Phylotastic/Architecture

From Evolutionary Interoperability and Outreach
Revision as of 18:50, 5 June 2012 by Hilmar (talk | contribs)
Jump to navigation Jump to search

Our architecture is based on the Model-View-Controller design pattern and takes the following modules into consideration:

  • TNRS
  • Topology prune/graft
  • Tree Store
  • Syntax Format Converter
  • Branch length annotator
  • Logger

The architecture diagram below presents the interaction between the various modules. Each module will be treated as a "black box" in this architecture and the only elements we are concerned about here will be the interoperation between the modules.

These should fuel the input/output specifications for each module. The architecture also clarifies what is passed by reference (blue arrows) from what is passed as values (black arrows). As an example, mega trees should not be passed directly to the controller but, instead, only the reference to those mega-trees should be sent. These references are then passed to the topology module, which will use those trees.

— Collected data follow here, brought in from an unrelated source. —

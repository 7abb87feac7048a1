-- ===== src/Python/Events/Steady.antt =====
-- Calls of plugins/src/python/pymain.c that return and leave the scripts and the index alone.
use bcirc.Base.{ℕ, List, [], ◌∷◌, ◌++◌, ◌≡◌, refl, ◌∙◌}
use bcirc.PluginHandler.{Arg, Params}
use bcirc.PluginHandler.Execute.{Run}
use bcirc.Server.{Bot, Bots}
use bcirc.Python.{PyObject, PyRun, returned, faulty, unfinished, Python, then_py, event_args}

module _ (call : ℕ → Params → Bots → Run Bot) (py : Python) where
  -- A call that returned and left the scripts and the index of this state alone.
  abbrev pub IsSteady : Bots → PyRun → Type 0
  IsSteady h (returned res h') =
      (h'.world.scripts ≡ h.world.scripts) × (h'.index_list ≡ h.index_list)
  IsSteady h faulty = ⊥
  IsSteady h unfinished = ⊥

  abbrev pub after_py : Bots → PyRun → Bots
  after_py h (returned res h') = h'
  after_py h faulty = h
  after_py h unfinished = h

  -- The functions called in order, each with the list of pointers and the number's address.
  abbrev pub run_functions : List Arg → List ℕ → Bots → Bots
  run_functions args [] h = h
  run_functions args (f ∷ fs) h =
      run_functions args fs (after_py h (py.call_object call f (event_args call py args) h))

  abbrev pub AreSteady : List Arg → List ℕ → Bots → Type 0
  AreSteady args [] h = Unit
  AreSteady args (f ∷ fs) h =
      IsSteady h (py.call_object call f (event_args call py args) h)
      × AreSteady args fs (after_py h (py.call_object call f (event_args call py args) h))

  pub then_steady :
      (h : Bots) (r : PyRun) (k : PyObject → Bots → Run Bot) (end : Run Bot)
      → IsSteady h r
      → ((res : PyObject) → k res (after_py h r) ≡ end)
      → then_py r k ≡ end
  then_steady h (returned res h') k end s same = same res
  then_steady h faulty k end s same = absurd s
  then_steady h unfinished k end s same = absurd s

  pub after_steady :
      (h : Bots) (r : PyRun)
      → IsSteady h r
      → ((after_py h r).world.scripts ≡ h.world.scripts)
        × ((after_py h r).index_list ≡ h.index_list)
  after_steady h (returned res h') s = s
  after_steady h faulty s = absurd s
  after_steady h unfinished s = absurd s

  pub run_functions_same :
      (args : List Arg) (fs : List ℕ) (h : Bots)
      → AreSteady args fs h
      → ((run_functions args fs h).world.scripts ≡ h.world.scripts)
        × ((run_functions args fs h).index_list ≡ h.index_list)
  run_functions_same args [] h s = (refl, refl)
  run_functions_same args (f ∷ fs) h s =
      let (scripts, index) =
        after_steady h (py.call_object call f (event_args call py args) h) s.0 in
      let (scripts', index') = run_functions_same args fs _ s.1 in
      (scripts' ∙ scripts, index' ∙ index)

  pub AreSteady-append :
      (args : List Arg) (fs gs : List ℕ) (h : Bots)
      → AreSteady args (fs ++ gs) h
      → AreSteady args fs h
        × AreSteady args gs (run_functions args fs h)
        × (run_functions args (fs ++ gs) h ≡ run_functions args gs (run_functions args fs h))
  AreSteady-append args [] gs h s = (tt, s, refl)
  AreSteady-append args (f ∷ fs) gs h s =
      let (here, there, same) =
        AreSteady-append args fs gs (after_py h (py.call_object call f (event_args call py args) h))
          s.1 in
      ((s.0, here), there, same)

Controller decision elements

All steps may optionally receive user feedback

  • Start
    • list of name strings [mandatory user input]
    • TNRS sources
    • TNRS “knobs” (“fuzziness” etc.)
  • Post TNRS
    • Choices about unresolved names
  • Megatree retrieval
    • (mega-)tree store source
    • automated tree query for applicable trees (per treestore) with user-supplied parameters
    • (mega-)tree filter/selection criteria (e.g. degree of overlap)
  • Pre-Topology
    • application of branch lengths?
  • Topology
    • (see Tolopolgy, below)
  • Post-topology
    • application of branch lengths?

Topology Module

_per megatree in:_

Input

  • List of names [mandatory; post-cleaning]
    • with Taxonomic cues/guides [optional; can also be auto-discovered]
    • Megatree choice
  • Configuration:
    • Grafting policy
      • choices of insertion of non-matching terminals
        • sister to random terminal
        • random node in matching clade
        • basal
        • conservatively collapse clade
      • Pruning policy
        • restrict tips to names given, or return all tips in minimum spanning clade
        • retain or delete out-degree one nodes
        • how to handle metadata associated with nodes/edges that have been deleted

Output

  • One or more tree(s)
    • topology
    • node-by-node metadata [as per megatree, optional]
  • list of non-matching taxa
    • logging record to logger

Branch lengths

Possible strategies:

  • NPRS
    • Based on input BLs
    • Default (no input BLs)
  • Node-age constrained equidistant adjustment (BLADJ)
  • refer to BL group (Congruifier)

Topology Scenario and Dependencies

Topology services depend on two other services: TNRS and TREE SOURCE User starts by submitting a list of names and a set of configuration elements (e.g. sources to use, knobs, etc). TNRS returns list of taxa and their URI. User then decides whether resolved names are correct. This list of chosen URI taxa will be sent to the tree source, along with a selection of mega tree sources. The tree source returns the URI of a set of megatrees that are applicable for the taxa submitted. The user selects, from these trees, the list of trees that he/she wants to use. This list, along with the taxa uri, is submitted to topology module, along with a set of configuration instructions. Phylotatic tree (or trees) are returned to the user, including node-by-node metadata information.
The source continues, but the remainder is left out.